Loki is not enterprise ready yet.
My pain points with this logging solution:
Promtail is a must have
They expect you to use promtail for sending logs to loki. There is no
official solution for sending logs directly out of your application or
via other log-pushers to loki. This means another application like
promtail makes your whole landscape even more complex to manage.
Promtail also only handles files,pods and journal as a log source, which
means no stdout support as far as I know.
Promtail can’t handle log rotation
According to https://grafana.com/docs/loki/latest/clients/promtail/.
If I have logging in my applications I have to rotate them out before
they become too big and clog the filesystem. But promtail, the official
tool for loki, doesn’t support this, which means it’s very difficult to
use anywhere. (This seems to, as of 2023.11.13, to work?)
Promtails config is weird
This may be subjective, but having this weird config setup with a
“path” variable inside the targets->labels block to
signal what log file I want to tail is neither easy to read nor easy to
configure. I also have to add “localhost” as a target, even though
promtail can only read files from your local machine. (?!)
Expectation of cloud usage
Both loki and promtail have only documentation about cloud usage.
Finding an easy to follow guide to install this locally on a single
bare-metal linux server is not easy, but for e.g.

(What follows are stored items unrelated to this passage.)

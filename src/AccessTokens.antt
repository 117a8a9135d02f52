-- ===== src/AccessTokens.antt =====
-- src/domain/access_tokens.py: personal access tokens. A time is a number of seconds. `hash` stands
-- for SHA-256, `fold` for `.strip().lower()` and `trim` for `.strip()`; the random part of a new
-- token is an argument.
pub mod Lifetime
pub mod RoundTrip
mod Examples
use Prim.Native.String.{count, slice, ◌++◌ as append_text}
use text.Mathlib.Text.{starts_with}
use Prim.Native.String
use qnsc_kb_backend.Prelude.{
  ℕ, zero, suc, ◌+◌, ◌-◌, ◌*◌, ◌/◌, ◌%◌, ◌^◌, ◌≤◌, ◌<◌, min, max, String, ◌≡◌, refl, sym, ap, ◌∙◌,
  ◌≢◌, ◌↔◌, ◌⊎◌, inl, inr, Bool, true, false, not, ◌&&◌, ◌||◌, Option, none, some, List, [], ◌∷◌,
  ◌++◌, map, Memᴰ, arith, ltb, leb, nat_beq, nat_beq_iff, if◌then◌else◌, ltb→lt, lt→ltb, leb→le,
  le→leb, tests, Bool-cases, Option-cases, &&-eq-true, ||-eq-true, is_some, get_or, length, take,
  length-append, any, all, filter, any-Memᴰ, any_of_Memᴰ, Memᴰ-filter, filter_of_Memᴰ,
  length-filter, Eq, ◌==◌, nat_eq, string_eq, option_eq, List-cases, not-Memᴰ-nil, find, find-Memᴰ,
  find-append, elem, elem-Memᴰ, Memᴰ-elem, lookup, insert, lookup-insert, option_beq_iff, eq_iff,
}

pub record PersonalAccessToken : Type 0 where
  pub id : ℕ
  pub user_id : ℕ
  pub name : String
  pub token_prefix : String
  pub token_hash : String
  pub scope : String
  pub expires_at : ℕ
  pub last_used_at : Option ℕ
  pub revoked_at : Option ℕ

-- The columns of the owner that are read.
pub record Owner : Type 0 where
  pub id : ℕ
  pub email : String
  pub auth_version : ℕ
  pub active : Bool

pub record TokenPrincipal : Type 0 where
  pub token_id : ℕ
  pub user_id : ℕ
  pub email : String
  pub auth_version : ℕ
  pub scope : String

can_write : TokenPrincipal → Bool
can_write p = p.scope == "write"

abbrev pub token_prefix_text : String
token_prefix_text = "kbpat_"

abbrev scopes : List String
scopes = "read" ∷ "write" ∷ []

-- LAST_USED_RESOLUTION, in seconds
abbrev last_used_resolution : ℕ
last_used_resolution = 300

abbrev day : ℕ
day = 86_400

pub looks_like_token : Option String → Bool
looks_like_token none = false
looks_like_token (some raw) = starts_with raw token_prefix_text && leb (count raw) 128

-- `random` stands for `secrets.token_urlsafe(32)`.
pub new_token : String → String
new_token random = append_text token_prefix_text random

pub is_live : ℕ → PersonalAccessToken → Bool
is_live now item = not (is_some item.revoked_at) && ltb now item.expires_at

-- The `revoked` and `expired` fields of `token_view`.
token_view : ℕ → PersonalAccessToken → Bool × Bool
token_view now item = (is_some item.revoked_at, leb item.expires_at now)

list_tokens : ℕ → List PersonalAccessToken → List PersonalAccessToken
list_tokens user_id rows = filter (λ t. nat_beq t.user_id user_id) rows

count_live_tokens : ℕ → ℕ → List PersonalAccessToken → ℕ
unfolding list_tokens is_live
count_live_tokens now user_id rows = length (filter (is_live now) (list_tokens user_id rows))

-- max(1, min(expires_in_days, settings.MCP_TOKEN_MAX_DAYS))
clamp_days : ℕ → ℕ → ℕ
clamp_days max_days expires_in_days = max 1 (min expires_in_days max_days)

-- The rows, the new token and its raw value; `none` is the ValueError for an unknown scope.
pub create_token :
    (String → String)
    → (String → String)
    → ℕ
    → ℕ
    → ℕ
    → ℕ
    → String
    → String
    → String
    → ℕ
    → List PersonalAccessToken
    → Option (List PersonalAccessToken × PersonalAccessToken × String)
unfolding clamp_days new_token
create_token hash trim max_days now id user_id random name scope expires_in_days rows =
    let raw = new_token random in
    let item : PersonalAccessToken = record {
      id = id;
      user_id = user_id;
      name = trim name;
      token_prefix = slice raw 0 10;
      token_hash = hash raw;
      scope = scope;
      expires_at = now + clamp_days max_days expires_in_days * day;
      last_used_at = none;
      revoked_at = none;
    } in
    if elem scope scopes then some (rows ++ item ∷ [], item, raw) else none

pub revoke : ℕ → PersonalAccessToken → PersonalAccessToken
revoke now item = elim item.revoked_at [
  | none ↦ record item { revoked_at = some now }
  | some _ ↦ item
]

pub is_token : ℕ → ℕ → PersonalAccessToken → Bool
is_token user_id token_id item = nat_beq item.id token_id && nat_beq item.user_id user_id

-- The rows afterwards, and the token, if the user has it.
pub revoke_token :
    ℕ → ℕ → ℕ → List PersonalAccessToken → List PersonalAccessToken × Option PersonalAccessToken
unfolding is_token revoke
revoke_token now user_id token_id rows = elim (find (is_token user_id token_id) rows) [
  | none ↦ (rows, none)
  | some item ↦ (
    map (λ t. if is_token user_id token_id t then revoke now t else t) rows,
    some (revoke now item),
  )
]

pub matches : (String → String) → ℕ → String → PersonalAccessToken → Bool
unfolding is_live
matches hash now raw item = item.token_hash == hash raw && is_live now item

needs_touch : ℕ → PersonalAccessToken → Bool
needs_touch now item = elim item.last_used_at [
  | none ↦ true
  | some used ↦ ltb last_used_resolution (now - used)
]

-- UPDATE ... SET last_used_at WHERE id
touch : ℕ → PersonalAccessToken → List PersonalAccessToken → List PersonalAccessToken
unfolding needs_touch
touch now item rows =
    if needs_touch now item
    then map (λ t. if nat_beq t.id item.id then record t { last_used_at = some now } else t) rows
    else rows

pub principal : (String → String) → PersonalAccessToken → Owner → TokenPrincipal
principal fold item user = record {
  token_id = item.id;
  user_id = user.id;
  email = fold user.email;
  auth_version = user.auth_version;
  scope = item.scope;
}

-- The join with the owner's row, and the test on it.
pub admit :
    (String → String)
    → ℕ
    → List Owner
    → List PersonalAccessToken
    → PersonalAccessToken
    → List PersonalAccessToken × Option TokenPrincipal
unfolding touch principal
admit fold now users rows item = elim (find (λ u. nat_beq u.id item.user_id) users) [
  | none ↦ (rows, none)
  | some user ↦
      if not user.active
      then (rows, none)
      else (touch now item rows, some (principal fold item user))
]

pub authenticate_token :
    (String → String)
    → (String → String)
    → ℕ
    → List Owner
    → Option String
    → List PersonalAccessToken
    → List PersonalAccessToken × Option TokenPrincipal
unfolding looks_like_token matches admit
authenticate_token hash fold now users raw rows =
    if not (looks_like_token raw)
    then (rows, none)
    else elim (find (matches hash now (get_or raw "")) rows) [
      | none ↦ (rows, none)
      | some item ↦ admit fold now users rows item
    ]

Kubernetes I would use
elasticsearch and their stack anyways.
Loki doesn’t index text
Loki only indexes the labels and not the message itself.
This means you have to add lots of labels for easy and quick log
searching, but loki wants you to have non-dynamic labels (e.g. a fixed
amount of possible labels) which makes this more difficult again.
This means a “correlation ID” as a label doesn’t work because it is
different for every request, of which you have thousands a minute.